___ Working data ___
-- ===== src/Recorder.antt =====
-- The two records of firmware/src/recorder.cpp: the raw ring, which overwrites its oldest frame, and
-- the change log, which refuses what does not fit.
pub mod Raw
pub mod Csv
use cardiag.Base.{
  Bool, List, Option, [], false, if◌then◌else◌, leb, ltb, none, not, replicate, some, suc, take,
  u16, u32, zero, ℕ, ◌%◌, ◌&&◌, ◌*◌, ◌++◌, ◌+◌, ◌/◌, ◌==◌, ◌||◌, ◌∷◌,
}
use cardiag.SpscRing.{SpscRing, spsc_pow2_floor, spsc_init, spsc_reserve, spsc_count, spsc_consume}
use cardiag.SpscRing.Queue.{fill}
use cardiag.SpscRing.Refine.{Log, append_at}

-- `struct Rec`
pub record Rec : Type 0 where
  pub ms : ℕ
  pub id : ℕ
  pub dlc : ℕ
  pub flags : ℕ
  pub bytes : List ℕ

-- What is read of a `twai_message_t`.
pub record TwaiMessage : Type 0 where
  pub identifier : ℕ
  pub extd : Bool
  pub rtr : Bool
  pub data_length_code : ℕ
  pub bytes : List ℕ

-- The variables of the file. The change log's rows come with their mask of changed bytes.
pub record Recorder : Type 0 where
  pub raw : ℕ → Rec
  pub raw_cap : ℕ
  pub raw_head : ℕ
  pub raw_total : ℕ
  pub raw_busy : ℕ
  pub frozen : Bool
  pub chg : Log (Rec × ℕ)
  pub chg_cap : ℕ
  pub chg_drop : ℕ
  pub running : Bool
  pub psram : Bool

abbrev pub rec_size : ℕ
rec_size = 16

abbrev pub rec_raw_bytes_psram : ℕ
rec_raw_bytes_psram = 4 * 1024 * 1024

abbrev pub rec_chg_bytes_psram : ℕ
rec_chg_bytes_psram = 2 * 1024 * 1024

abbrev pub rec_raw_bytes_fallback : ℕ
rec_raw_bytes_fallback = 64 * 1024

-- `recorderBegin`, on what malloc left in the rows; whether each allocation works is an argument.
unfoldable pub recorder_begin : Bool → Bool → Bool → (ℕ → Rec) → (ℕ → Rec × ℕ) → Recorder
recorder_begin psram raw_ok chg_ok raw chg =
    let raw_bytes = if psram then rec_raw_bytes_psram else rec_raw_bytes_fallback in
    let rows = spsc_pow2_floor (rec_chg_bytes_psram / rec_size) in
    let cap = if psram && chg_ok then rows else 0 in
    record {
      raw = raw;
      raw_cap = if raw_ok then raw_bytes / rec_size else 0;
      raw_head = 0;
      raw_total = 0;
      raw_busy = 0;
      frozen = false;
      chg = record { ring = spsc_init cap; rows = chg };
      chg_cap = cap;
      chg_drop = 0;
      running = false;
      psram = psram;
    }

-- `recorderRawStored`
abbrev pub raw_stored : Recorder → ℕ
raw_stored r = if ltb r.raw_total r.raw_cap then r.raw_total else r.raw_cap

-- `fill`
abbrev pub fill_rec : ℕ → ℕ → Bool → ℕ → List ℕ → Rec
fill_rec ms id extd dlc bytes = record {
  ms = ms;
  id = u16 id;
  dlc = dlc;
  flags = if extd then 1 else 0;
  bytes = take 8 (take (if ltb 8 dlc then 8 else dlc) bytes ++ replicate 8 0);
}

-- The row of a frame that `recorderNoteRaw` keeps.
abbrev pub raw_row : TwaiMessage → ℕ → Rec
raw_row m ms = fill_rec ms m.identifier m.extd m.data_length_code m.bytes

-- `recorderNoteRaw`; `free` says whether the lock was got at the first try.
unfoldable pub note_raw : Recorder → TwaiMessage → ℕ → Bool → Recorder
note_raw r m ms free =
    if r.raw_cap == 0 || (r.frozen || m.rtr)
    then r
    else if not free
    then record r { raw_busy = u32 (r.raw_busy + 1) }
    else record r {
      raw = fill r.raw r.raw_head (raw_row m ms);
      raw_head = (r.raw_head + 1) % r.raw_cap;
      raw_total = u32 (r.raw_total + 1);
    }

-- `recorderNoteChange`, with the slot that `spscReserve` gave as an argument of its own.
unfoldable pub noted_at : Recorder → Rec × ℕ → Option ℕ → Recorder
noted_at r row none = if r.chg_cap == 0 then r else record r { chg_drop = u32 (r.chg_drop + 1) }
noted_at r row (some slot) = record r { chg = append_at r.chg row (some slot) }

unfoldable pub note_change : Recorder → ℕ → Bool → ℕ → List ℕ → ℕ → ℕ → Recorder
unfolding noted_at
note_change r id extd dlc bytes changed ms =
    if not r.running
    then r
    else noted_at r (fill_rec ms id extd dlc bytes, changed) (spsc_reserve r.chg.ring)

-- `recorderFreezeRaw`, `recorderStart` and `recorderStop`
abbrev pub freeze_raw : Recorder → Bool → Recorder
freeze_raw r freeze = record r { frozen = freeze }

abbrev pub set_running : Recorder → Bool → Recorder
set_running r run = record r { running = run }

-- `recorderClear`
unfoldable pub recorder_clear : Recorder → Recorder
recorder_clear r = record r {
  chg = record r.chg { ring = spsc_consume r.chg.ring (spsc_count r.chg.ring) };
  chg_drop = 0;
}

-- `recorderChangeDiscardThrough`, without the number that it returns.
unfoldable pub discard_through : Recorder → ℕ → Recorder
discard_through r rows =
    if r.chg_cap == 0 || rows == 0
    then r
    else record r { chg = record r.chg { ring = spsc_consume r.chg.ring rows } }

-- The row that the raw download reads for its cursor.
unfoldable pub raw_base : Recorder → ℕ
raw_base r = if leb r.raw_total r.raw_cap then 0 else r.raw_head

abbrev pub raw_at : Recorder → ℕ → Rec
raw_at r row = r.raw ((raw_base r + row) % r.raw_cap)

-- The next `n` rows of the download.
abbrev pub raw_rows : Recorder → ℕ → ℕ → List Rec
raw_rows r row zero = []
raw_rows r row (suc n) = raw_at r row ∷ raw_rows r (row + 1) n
___
● **Exercise description**
For this exercise, write out all of the data exactly.

● **Result of the exercise**
-- ===== src/Recorder.antt =====
-- The two records of firmware/src/recorder.cpp: the raw ring, which overwrites its oldest frame, and
-- the change log, which refuses what does not fit.
pub mod Raw
pub mod Csv
use cardiag.Base.{
  Bool, List, Option, [], false, if◌then◌else◌, leb, ltb, none, not, replicate, some, suc, take,
  u16, u32, zero, ℕ, ◌%◌, ◌&&◌, ◌*◌, ◌++◌, ◌+◌, ◌/◌, ◌==◌, ◌||◌, ◌∷◌,
}
use cardiag.SpscRing.{SpscRing, spsc_pow2_floor, spsc_init, spsc_reserve, spsc_count, spsc_consume}
use cardiag.SpscRing.Queue.{fill}
use cardiag.SpscRing.Refine.{Log, append_at}

-- `struct Rec`
pub record Rec : Type 0 where
  pub ms : ℕ
  pub id : ℕ
  pub dlc : ℕ
  pub flags : ℕ
  pub bytes : List ℕ

-- What is read of a `twai_message_t`.
pub record TwaiMessage : Type 0 where
  pub identifier : ℕ
  pub extd : Bool
  pub rtr : Bool
  pub data_length_code : ℕ
  pub bytes : List ℕ

-- The variables of the file. The change log's rows come with their mask of changed bytes.
pub record Recorder : Type 0 where
  pub raw : ℕ → Rec
  pub raw_cap : ℕ
  pub raw_head : ℕ
  pub raw_total : ℕ
  pub raw_busy : ℕ
  pub frozen : Bool
  pub chg : Log (Rec × ℕ)
  pub chg_cap : ℕ
  pub chg_drop : ℕ
  pub running : Bool
  pub psram : Bool

abbrev pub rec_size : ℕ
rec_size = 16

abbrev pub rec_raw_bytes_psram : ℕ
rec_raw_bytes_psram = 4 * 1024 * 1024

abbrev pub rec_chg_bytes_psram : ℕ
rec_chg_bytes_psram = 2 * 1024 * 1024

abbrev pub rec_raw_bytes_fallback : ℕ
rec_raw_bytes_fallback = 64 * 1024

-- `recorderBegin`, on what malloc left in the rows; whether each allocation works is an argument.
unfoldable pub recorder_begin : Bool → Bool → Bool → (ℕ → Rec) → (ℕ → Rec × ℕ) → Recorder
recorder_begin psram raw_ok chg_ok raw chg =
    let raw_bytes = if psram then rec_raw_bytes_psram else rec_raw_bytes_fallback in
    let rows = spsc_pow2_floor (rec_chg_bytes_psram / rec_size) in
    let cap = if psram && chg_ok then rows else 0 in
    record {
      raw = raw;
      raw_cap = if raw_ok then raw_bytes / rec_size else 0;
      raw_head = 0;
      raw_total = 0;
      raw_busy = 0;
      frozen = false;
      chg = record { ring = spsc_init cap; rows = chg };
      chg_cap = cap;
      chg_drop = 0;
      running = false;
      psram = psram;
    }

-- `recorderRawStored`
abbrev pub raw_stored : Recorder → ℕ
raw_stored r = if ltb r.raw_total r.raw_cap then r.raw_total else r.raw_cap

-- `fill`
abbrev pub fill_rec : ℕ → ℕ → Bool → ℕ → List ℕ → Rec
fill_rec ms id extd dlc bytes = record {
  ms = ms;
  id = u16 id;
  dlc = dlc;
  flags = if extd then 1 else 0;
  bytes = take 8 (take (if ltb 8 dlc then 8 else dlc) bytes ++ replicate 8 0);
}

-- The row of a frame that `recorderNoteRaw` keeps.
abbrev pub raw_row : TwaiMessage → ℕ → Rec
raw_row m ms = fill_rec ms m.identifier m.extd m.data_length_code m.bytes

-- `recorderNoteRaw`; `free` says whether the lock was got at the first try.
unfoldable pub note_raw : Recorder → TwaiMessage → ℕ → Bool → Recorder
note_raw r m ms free =
    if r.raw_cap == 0 || (r.frozen || m.rtr)
    then r
    else if not free
    then record r { raw_busy = u32 (r.raw_busy + 1) }
    else record r {
      raw = fill r.raw r.raw_head (raw_row m ms);
      raw_head = (r.raw_head + 1) % r.raw_cap;
      raw_total = u32 (r.raw_total + 1);
    }

-- `recorderNoteChange`, with the slot that `spscReserve` gave as an argument of its own.
unfoldable pub noted_at : Recorder → Rec × ℕ → Option ℕ → Recorder
noted_at r row none = if r.chg_cap == 0 then r else record r { chg_drop = u32 (r.chg_drop + 1) }
noted_at r row (some slot) = record r { chg = append_at r.chg row (some slot) }

unfoldable pub note_change : Recorder → ℕ → Bool → ℕ → List ℕ → ℕ → ℕ → Recorder
unfolding noted_at
note_change r id extd dlc bytes changed ms =
    if not r.running
    then r
    else noted_at r (fill_rec ms id extd dlc bytes, changed) (spsc_reserve r.chg.ring)

-- `recorderFreezeRaw`, `recorderStart` and `recorderStop`
abbrev pub freeze_raw : Recorder → Bool → Recorder
freeze_raw r freeze = record r { frozen = freeze }

abbrev pub set_running : Recorder → Bool → Recorder
set_running r run = record r { running = run }

-- `recorderClear`
unfoldable pub recorder_clear : Recorder → Recorder
recorder_clear r = record r {
  chg = record r.chg { ring = spsc_consume r.chg.ring (spsc_count r.chg.ring) };
  chg_drop = 0;
}

-- `recorderChangeDiscardThrough`, without the number that it returns.
unfoldable pub discard_through : Recorder → ℕ → Recorder
discard_through r rows =
    if r.chg_cap == 0 || rows == 0
    then r
    else record r { chg = record r.chg { ring = spsc_consume r.chg.ring rows } }

-- The row that the raw download reads for its cursor.
unfoldable pub raw_base : Recorder → ℕ
raw_base r = if leb r.raw_total r.raw_cap then 0 else r.raw_head

abbrev pub raw_at : Recorder → ℕ → Rec
raw_at r row = r.raw ((raw_base r + row) % r.raw_cap)

-- The next `n` rows of the download.
abbrev pub raw_rows : Recorder → ℕ → ℕ → List Rec
raw_rows r row zero = []
raw_rows r row (suc n) = raw_at r row ∷ raw_rows r (row + 1) n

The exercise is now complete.